Primordial Black Holes Could Link Two Gravitational Wave Signals Across Frequency Bands
Featured image: [Artist’s impression of a primordial black hole binary system emitting gravitational waves; credit: NASA/JPL-Caltech]
A new study establishes a model-independent connection between two distinct gravitational wave signals originating from primordial black holes, potentially allowing astronomers to probe the same early universe fluctuations across widely separated frequency bands using a single unified framework.
The paper, authored by Ashu Kushwaha and submitted to arXiv on July 2, 2026, addresses a fundamental feature of primordial black hole formation: generating these exotic objects requires a significant enhancement of primordial curvature perturbations in the early universe. This same mechanism inevitably produces two distinct gravitational wave signatures, and the study shows for the first time that they are quantitatively linked in a way that does not depend on the specific formation model.
Two signals from one origin. Primordial black holes are hypothetical objects that may have formed in the extremely dense, inhomogeneous conditions of the early universe, within the first second after the Big Bang. They are distinct from black holes formed by stellar collapse and could constitute part or all of the dark matter.
The formation process produces two gravitational wave signals. The first is a low-frequency stochastic background of scalar-induced gravitational waves (SIGWs) generated by the same large curvature perturbations that create the black holes. These SIGWs ripple through the fabric of spacetime across millions of years, creating a persistent background hum detectable by space-based observatories like LISA, Taiji, and TianQin.
The second signal operates at much higher frequencies and comes from a more familiar source: the mergers of primordial black hole binaries. As pairs of PBHs orbit each other and eventually coalesce, they emit a burst of gravitational waves in the frequency range accessible to ground-based detectors like LIGO, Virgo, and KAGRA, as well as future observatories like the Einstein Telescope and DECIGO.
Ellipsoidal collapse yields stronger signal. Kushwaha evaluated the stochastic SIGW background under two models of PBH collapse. Under the standard spherical collapse assumption, the SIGW signal is relatively weak. However, the physically more realistic ellipsoidal collapse scenario produces a significantly stronger signal, bringing it within reach of next-generation detectors.

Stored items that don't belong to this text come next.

-- ===== src/Examples/Lobby.antt =====
-- The queues of a player at concrete inputs.
use pod_backend.Common.{
  ℕ, ◌+◌, ◌≡◌, refl, Bool, true, false, none, some, List, [], ◌∷◌, codes, pos, count_if, ok, int_eq,
  text_eq,
}
use pod_backend.Activity.{
  Coordination, Limits, latest_game_activity, find_claim, normalize_limit, belongs_to_wallet,
  player_needs_reveal, resolve_joinable_next_action, resolve_reveal_next_action,
  resolve_waiting_lobby_next_action, resolve_expired_follow_up_next_action,
}
use pod_backend.Activity.Answers.{Sorts}
use pod_backend.Activity.Partition.{has_queue}
use pod_backend.Activity.Queues.{
  GameQueries, Queues, items_at, add_item, add_classified, item_of, classify, load_claims,
  fill_joinable, fill_player,
}
use pod_backend.Activity.Requests.{
  paginate, build_player_activity_summary, populate_joinable_queue, populate_player_queues,
  build_queues, get_queue,
}
use pod_backend.Activity.Successes.{IsPage, get_queue-IsPage, build_queues_succeeds}
use pod_backend.Entity.Activity.{
  my_active, PlayerActivityGame, GameplayQueue, PlayerActivitySummary, is_valid_activity_queue_key,
  activity_queue_title, queue_requires_attention, wait_for_opponent,
}
use pod_backend.Entity.Game.{Game}
use pod_backend.Examples.Fixtures.{plain, alice, bob, game_of, at, joining}
use pod_backend.Examples.Joining.{taken}

-- Alice has a waiting game and an ended one; somebody else's game waits too.
abbrev bobs_game : Game
bobs_game = record (game_of (pos 9) (pos 1)) { player_one_address = bob }

abbrev her_games : List Game
her_games = game_of (pos 7) (pos 1) ∷ game_of (pos 8) (pos 4) ∷ []

abbrev waiting : List Game
waiting = game_of (pos 7) (pos 1) ∷ bobs_game ∷ []

abbrev queries : GameQueries
queries = record {
  get_by_status = λ _. ok waiting;
  get_by_player_and_statuses = λ _ _. ok her_games;
}

abbrev wired : Coordination
wired = record { joins = some taken; cancels = none; reveals = none; claims = none }

abbrev limits : Limits
limits = record { usual = 20; most = 100 }

-- What a run of the queues computes through.
unfoldable looking : Bool
unfolding joining latest_game_activity find_claim normalize_limit belongs_to_wallet
    player_needs_reveal resolve_joinable_next_action resolve_reveal_next_action
    resolve_waiting_lobby_next_action resolve_expired_follow_up_next_action items_at add_item
    add_classified item_of classify load_claims fill_joinable fill_player paginate
    build_player_activity_summary populate_joinable_queue populate_player_queues build_queues
    get_queue is_valid_activity_queue_key activity_queue_title queue_requires_attention
looking = true

abbrev her_item : PlayerActivityGame
her_item = record {
  game = game_of (pos 7) (pos 1);
  queue_key = my_active;
  next_action = wait_for_opponent;
  requires_attention = false;
  is_owned_by_player = true;
  latest_activity_at = 0;
  active_claims = [];
}

abbrev page : GameplayQueue
page = record {
  key = my_active;
  title = codes "Мои активные";
  attention_required = false;
  total_count = 1;
  items = her_item ∷ [];
}

abbrev summary : PlayerActivitySummary
summary = record {
  summary_wallet = alice;
  joinable_count = 1;
  my_active_count = 1;
  reveal_required_count = 0;
  expired_attention_count = 0;
  history_count = 1;
  last_activity_at = some 0;
}

abbrev later : ℕ
later = 60000000011

her_page :
    (get_queue plain (at later) queries wired limits my_active alice (pos 0) (pos 0)).1
    ≡ ok (page, summary)
unfolding looking
her_page = refl

get_queue-IsPage_example :
    (q : Queues) × ((build_queues plain (at later) queries wired alice).1 ≡ ok (summary, q))
    × IsPage my_active (normalize_limit limits (pos 0)) 0 q page summary
get_queue-IsPage_example =
    get_queue-IsPage plain (at later) queries wired limits my_active alice (pos 0) (pos 0) page
      summary her_page

build_queues_succeeds_example :
    (s : PlayerActivitySummary) × (q : Queues) × ((build_queues plain
        (at later)
        queries
        wired
        alice).1
      ≡ ok (s, q))
    × Sorts plain (at later) queries alice waiting her_games q
    × (s ≡ build_player_activity_summary alice q)
    × (s.my_active_count + s.reveal_required_count + s.expired_attention_count + s.history_count
        ≡ count_if has_queue her_games)
unfolding joining
build_queues_succeeds_example =
    build_queues_succeeds plain (at later) queries wired alice waiting her_games
      (λ g. (some (game_of g (pos 1)), refl)) refl refl refl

A mass-independent relation. The study’s key finding is a direct correspondence between the SIGW frequency peak and the innermost stable circular orbit (ISCO) frequency of the PBH binary mergers. Because gravitational wave emission is strongest near the ISCO, the peak of the full merger spectrum relates to the ISCO frequency by a fixed factor of 1.79, a relation that is completely independent of the individual black hole masses. This mass independence means that observing either signal constrains the other, regardless of whether the actual PBH masses are known.
Multi-band gravitational wave astronomy. The unified framework enables the same primordial curvature fluctuations to be probed across frequency bands separated by many orders of magnitude. Low-frequency SIGWs probe the physics of PBH formation in the early universe, while high-frequency merger signals probe the later dynamics of PBH binaries. Cross-validating both channels would provide a powerful test of the primordial black hole hypothesis and could distinguish PBH mergers from stellar-mass black hole mergers of astrophysical origin.
Future gravitational wave observatories, including LISA (sensitive in the millihertz range), the Einstein Telescope (a next-generation ground-based detector), and DECIGO (a proposed space-based detector for the decihertz band), could together cover the full range of predicted signals, making the framework directly testable within the next decade.
The paper is available on arXiv under reference 2607.01818, in the Cosmology and Nongalactic Astrophysics category.